* _Information given_:

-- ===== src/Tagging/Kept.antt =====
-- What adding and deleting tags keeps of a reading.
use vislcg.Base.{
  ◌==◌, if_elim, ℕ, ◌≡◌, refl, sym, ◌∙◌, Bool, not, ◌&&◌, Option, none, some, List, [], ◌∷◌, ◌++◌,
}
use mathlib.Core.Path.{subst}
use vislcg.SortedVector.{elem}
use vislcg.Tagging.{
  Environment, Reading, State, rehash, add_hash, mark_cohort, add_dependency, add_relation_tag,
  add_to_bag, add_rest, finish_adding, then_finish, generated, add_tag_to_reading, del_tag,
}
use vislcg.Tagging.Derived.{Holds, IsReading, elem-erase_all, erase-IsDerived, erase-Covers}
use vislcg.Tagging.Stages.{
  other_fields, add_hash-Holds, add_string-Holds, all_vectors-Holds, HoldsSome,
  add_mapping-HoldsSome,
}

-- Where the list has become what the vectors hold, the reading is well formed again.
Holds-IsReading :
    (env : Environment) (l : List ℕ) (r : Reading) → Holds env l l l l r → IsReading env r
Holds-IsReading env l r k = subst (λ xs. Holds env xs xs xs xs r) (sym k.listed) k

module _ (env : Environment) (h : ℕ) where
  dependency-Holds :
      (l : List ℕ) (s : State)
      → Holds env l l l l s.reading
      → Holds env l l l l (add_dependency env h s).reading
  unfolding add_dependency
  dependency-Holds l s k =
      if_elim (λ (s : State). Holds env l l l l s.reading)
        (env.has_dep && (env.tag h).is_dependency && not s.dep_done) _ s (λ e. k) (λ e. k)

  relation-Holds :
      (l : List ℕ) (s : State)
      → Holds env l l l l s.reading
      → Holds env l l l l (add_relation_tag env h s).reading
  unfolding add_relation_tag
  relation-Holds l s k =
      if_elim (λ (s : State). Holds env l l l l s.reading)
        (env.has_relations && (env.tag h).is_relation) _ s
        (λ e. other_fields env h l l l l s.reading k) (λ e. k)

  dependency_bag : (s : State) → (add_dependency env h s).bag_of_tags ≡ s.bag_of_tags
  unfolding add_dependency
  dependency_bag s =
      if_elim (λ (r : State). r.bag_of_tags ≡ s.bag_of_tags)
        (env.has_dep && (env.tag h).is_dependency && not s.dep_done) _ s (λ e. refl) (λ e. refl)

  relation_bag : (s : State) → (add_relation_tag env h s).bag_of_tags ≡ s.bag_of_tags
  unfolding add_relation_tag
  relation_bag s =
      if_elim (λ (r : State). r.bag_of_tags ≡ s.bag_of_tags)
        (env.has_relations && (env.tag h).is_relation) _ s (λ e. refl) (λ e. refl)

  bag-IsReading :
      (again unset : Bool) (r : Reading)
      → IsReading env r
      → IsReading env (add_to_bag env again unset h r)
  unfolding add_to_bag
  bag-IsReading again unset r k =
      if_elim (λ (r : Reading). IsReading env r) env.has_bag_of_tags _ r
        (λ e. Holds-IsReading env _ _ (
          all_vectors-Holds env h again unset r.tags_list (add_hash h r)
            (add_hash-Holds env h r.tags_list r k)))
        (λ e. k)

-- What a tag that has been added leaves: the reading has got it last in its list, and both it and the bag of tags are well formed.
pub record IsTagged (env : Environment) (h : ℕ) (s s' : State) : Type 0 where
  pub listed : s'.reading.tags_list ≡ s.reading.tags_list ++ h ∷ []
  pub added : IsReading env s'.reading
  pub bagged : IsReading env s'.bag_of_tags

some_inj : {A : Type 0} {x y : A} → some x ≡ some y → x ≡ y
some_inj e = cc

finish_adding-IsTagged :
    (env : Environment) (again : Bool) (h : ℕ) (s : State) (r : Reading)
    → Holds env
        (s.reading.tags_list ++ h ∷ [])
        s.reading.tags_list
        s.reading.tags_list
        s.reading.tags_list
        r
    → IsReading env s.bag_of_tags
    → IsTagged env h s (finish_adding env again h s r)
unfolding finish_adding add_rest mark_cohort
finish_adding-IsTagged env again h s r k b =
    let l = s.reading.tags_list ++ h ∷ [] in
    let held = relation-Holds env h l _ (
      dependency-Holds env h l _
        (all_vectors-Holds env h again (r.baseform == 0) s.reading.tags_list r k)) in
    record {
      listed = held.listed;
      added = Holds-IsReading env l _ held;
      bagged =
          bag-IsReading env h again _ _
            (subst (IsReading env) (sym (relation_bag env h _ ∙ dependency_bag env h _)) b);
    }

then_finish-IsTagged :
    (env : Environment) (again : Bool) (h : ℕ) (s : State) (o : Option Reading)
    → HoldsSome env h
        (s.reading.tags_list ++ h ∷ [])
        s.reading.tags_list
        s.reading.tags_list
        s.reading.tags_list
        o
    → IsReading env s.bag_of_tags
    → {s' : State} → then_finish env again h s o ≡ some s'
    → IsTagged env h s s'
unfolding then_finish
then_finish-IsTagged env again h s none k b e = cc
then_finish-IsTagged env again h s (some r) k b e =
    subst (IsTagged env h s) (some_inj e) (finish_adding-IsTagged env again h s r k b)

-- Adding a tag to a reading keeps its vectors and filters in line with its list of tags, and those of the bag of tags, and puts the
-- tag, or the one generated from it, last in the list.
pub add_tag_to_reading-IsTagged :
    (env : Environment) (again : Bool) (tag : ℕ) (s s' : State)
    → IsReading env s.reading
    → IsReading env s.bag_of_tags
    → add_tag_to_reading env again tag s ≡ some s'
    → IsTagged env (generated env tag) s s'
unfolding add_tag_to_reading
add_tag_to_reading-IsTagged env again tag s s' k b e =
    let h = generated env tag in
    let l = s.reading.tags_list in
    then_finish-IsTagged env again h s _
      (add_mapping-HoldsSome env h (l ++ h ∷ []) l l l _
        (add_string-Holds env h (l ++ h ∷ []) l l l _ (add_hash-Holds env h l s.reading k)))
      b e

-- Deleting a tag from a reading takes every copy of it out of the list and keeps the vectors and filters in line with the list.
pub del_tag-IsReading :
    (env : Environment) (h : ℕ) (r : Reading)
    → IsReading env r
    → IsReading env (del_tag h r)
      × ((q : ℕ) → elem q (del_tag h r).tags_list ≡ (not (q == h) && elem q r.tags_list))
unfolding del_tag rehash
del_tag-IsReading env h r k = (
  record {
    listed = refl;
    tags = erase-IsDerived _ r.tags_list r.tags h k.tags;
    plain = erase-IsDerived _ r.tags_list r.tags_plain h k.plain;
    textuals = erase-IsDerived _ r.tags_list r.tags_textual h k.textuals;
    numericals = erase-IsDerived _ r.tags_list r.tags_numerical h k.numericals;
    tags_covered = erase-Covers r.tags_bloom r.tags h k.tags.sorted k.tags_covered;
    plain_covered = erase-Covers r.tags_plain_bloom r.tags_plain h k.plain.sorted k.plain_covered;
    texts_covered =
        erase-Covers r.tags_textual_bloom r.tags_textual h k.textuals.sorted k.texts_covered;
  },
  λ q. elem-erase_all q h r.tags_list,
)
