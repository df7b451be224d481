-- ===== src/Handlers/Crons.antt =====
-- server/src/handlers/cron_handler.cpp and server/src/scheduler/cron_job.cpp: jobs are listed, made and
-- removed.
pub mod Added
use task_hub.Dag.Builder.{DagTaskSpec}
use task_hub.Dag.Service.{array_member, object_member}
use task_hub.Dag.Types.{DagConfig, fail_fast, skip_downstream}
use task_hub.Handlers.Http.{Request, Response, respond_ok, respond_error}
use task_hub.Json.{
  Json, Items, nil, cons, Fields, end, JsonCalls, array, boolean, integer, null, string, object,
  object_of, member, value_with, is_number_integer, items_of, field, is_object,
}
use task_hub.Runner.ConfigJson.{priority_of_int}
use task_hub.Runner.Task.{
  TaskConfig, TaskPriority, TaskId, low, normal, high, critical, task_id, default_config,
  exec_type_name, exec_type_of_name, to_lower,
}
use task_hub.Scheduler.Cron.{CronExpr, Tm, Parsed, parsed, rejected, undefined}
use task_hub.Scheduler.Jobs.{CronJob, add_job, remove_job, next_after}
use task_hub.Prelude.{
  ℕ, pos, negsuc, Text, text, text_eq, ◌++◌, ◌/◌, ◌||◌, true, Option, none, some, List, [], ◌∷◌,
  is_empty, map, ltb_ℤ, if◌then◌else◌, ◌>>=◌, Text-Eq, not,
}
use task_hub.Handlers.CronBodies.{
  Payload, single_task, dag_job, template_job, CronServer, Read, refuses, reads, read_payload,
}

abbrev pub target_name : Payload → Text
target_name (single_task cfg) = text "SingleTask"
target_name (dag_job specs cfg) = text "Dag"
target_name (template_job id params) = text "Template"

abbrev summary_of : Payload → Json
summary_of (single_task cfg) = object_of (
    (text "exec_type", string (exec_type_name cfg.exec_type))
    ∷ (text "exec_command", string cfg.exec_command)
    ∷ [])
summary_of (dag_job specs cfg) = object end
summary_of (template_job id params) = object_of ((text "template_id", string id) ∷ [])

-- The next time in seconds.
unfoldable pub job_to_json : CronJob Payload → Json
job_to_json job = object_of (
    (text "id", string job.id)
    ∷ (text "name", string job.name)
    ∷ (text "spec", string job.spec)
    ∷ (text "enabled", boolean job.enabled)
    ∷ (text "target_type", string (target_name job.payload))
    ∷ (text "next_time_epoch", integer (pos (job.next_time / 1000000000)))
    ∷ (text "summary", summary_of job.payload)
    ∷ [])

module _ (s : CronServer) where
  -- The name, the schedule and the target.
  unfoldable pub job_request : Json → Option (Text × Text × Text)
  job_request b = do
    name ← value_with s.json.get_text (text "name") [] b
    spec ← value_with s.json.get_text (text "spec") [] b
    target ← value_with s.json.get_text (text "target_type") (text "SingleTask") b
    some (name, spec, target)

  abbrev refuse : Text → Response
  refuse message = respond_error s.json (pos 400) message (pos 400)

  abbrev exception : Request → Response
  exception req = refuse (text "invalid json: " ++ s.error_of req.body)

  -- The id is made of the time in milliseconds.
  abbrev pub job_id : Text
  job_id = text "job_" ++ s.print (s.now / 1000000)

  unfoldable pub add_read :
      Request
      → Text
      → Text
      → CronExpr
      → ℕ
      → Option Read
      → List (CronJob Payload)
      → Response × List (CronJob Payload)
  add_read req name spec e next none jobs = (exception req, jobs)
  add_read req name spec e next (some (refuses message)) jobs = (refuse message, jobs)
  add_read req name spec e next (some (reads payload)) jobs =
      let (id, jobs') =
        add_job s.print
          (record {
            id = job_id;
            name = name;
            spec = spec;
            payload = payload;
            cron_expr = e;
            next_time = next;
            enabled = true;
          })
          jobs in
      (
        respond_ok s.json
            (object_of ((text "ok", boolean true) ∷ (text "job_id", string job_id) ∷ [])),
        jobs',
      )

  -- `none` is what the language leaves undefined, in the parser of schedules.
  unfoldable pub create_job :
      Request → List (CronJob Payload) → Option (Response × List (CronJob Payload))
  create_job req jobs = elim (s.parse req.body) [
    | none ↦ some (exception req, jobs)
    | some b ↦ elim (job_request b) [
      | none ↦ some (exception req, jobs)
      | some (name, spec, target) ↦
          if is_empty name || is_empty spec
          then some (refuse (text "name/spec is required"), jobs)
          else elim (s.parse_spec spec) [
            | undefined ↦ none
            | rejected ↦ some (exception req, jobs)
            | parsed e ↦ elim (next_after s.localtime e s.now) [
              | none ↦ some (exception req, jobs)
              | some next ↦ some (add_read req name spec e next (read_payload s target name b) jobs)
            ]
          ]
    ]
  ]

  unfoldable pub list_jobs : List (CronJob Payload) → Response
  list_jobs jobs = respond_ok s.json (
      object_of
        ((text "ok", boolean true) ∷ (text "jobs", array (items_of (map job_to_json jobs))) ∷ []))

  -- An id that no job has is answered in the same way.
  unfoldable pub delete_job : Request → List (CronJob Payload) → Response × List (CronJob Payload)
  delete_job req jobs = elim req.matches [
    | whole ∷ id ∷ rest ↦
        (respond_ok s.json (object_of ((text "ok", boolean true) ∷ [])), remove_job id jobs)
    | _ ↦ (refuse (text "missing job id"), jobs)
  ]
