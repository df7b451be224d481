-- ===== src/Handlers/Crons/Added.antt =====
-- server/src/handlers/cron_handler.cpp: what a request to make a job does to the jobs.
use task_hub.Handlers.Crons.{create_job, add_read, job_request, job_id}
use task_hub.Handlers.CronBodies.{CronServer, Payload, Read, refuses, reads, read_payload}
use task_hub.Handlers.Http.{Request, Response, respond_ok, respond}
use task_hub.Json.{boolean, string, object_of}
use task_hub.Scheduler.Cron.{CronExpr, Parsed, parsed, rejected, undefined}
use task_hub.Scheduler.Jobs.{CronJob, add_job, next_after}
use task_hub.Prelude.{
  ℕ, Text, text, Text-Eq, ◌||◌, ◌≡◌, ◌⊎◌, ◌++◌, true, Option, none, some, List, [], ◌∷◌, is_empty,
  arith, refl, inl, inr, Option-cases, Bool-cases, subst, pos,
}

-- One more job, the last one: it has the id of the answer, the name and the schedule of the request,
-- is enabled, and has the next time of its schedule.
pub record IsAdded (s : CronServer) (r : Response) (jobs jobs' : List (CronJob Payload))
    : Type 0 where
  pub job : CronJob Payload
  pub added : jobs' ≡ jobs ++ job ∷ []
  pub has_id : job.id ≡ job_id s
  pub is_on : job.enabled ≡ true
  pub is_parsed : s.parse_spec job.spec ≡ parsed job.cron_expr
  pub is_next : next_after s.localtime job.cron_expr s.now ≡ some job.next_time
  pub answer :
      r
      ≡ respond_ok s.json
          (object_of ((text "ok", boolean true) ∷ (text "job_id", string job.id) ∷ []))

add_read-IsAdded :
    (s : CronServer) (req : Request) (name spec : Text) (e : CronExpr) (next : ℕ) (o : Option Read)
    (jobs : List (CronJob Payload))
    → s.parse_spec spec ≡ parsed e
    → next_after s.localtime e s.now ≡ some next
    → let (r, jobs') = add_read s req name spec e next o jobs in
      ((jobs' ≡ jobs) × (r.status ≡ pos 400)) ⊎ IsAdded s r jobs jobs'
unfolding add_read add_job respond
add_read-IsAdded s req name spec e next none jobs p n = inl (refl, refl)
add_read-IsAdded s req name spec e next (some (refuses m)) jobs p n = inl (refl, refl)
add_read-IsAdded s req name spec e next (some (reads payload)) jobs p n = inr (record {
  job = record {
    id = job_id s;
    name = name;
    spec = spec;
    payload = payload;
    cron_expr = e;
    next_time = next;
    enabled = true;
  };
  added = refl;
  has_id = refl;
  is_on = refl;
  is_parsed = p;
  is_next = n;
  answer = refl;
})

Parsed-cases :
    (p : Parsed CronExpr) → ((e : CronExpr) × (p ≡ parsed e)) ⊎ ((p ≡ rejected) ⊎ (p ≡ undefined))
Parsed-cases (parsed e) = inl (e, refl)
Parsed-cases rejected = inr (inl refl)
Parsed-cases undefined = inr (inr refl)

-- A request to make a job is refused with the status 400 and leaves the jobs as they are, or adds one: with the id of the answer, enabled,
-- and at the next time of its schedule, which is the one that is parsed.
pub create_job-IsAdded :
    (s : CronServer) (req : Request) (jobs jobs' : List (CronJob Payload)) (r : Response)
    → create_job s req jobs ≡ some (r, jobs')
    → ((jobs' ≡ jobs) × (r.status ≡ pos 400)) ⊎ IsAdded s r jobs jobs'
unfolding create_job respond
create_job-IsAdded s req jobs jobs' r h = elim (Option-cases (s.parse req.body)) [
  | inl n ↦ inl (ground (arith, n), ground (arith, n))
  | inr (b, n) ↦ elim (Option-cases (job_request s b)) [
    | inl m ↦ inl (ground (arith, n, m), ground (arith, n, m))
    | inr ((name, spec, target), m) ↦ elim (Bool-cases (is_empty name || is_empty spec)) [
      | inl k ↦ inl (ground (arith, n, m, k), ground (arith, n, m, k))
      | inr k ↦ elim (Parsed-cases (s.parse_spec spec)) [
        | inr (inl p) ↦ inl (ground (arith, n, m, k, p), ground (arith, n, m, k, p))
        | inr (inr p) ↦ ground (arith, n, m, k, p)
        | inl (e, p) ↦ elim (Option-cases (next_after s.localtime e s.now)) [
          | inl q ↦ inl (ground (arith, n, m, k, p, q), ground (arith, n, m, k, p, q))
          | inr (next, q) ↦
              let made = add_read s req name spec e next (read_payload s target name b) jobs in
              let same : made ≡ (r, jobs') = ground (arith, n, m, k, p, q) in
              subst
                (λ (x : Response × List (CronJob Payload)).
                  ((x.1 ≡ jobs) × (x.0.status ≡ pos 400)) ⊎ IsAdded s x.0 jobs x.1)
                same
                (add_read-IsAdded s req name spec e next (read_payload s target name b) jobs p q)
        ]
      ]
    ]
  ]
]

* _Task brief_: From the listing above, pick out each line where the word "Tagging" appears.

* _Exercise result_:
-- ===== src/Tagging/Kept.antt =====
use vislcg.Tagging.{
use vislcg.Tagging.Derived.{Holds, IsReading, elem-erase_all, erase-IsDerived, erase-Covers}
use vislcg.Tagging.Stages.{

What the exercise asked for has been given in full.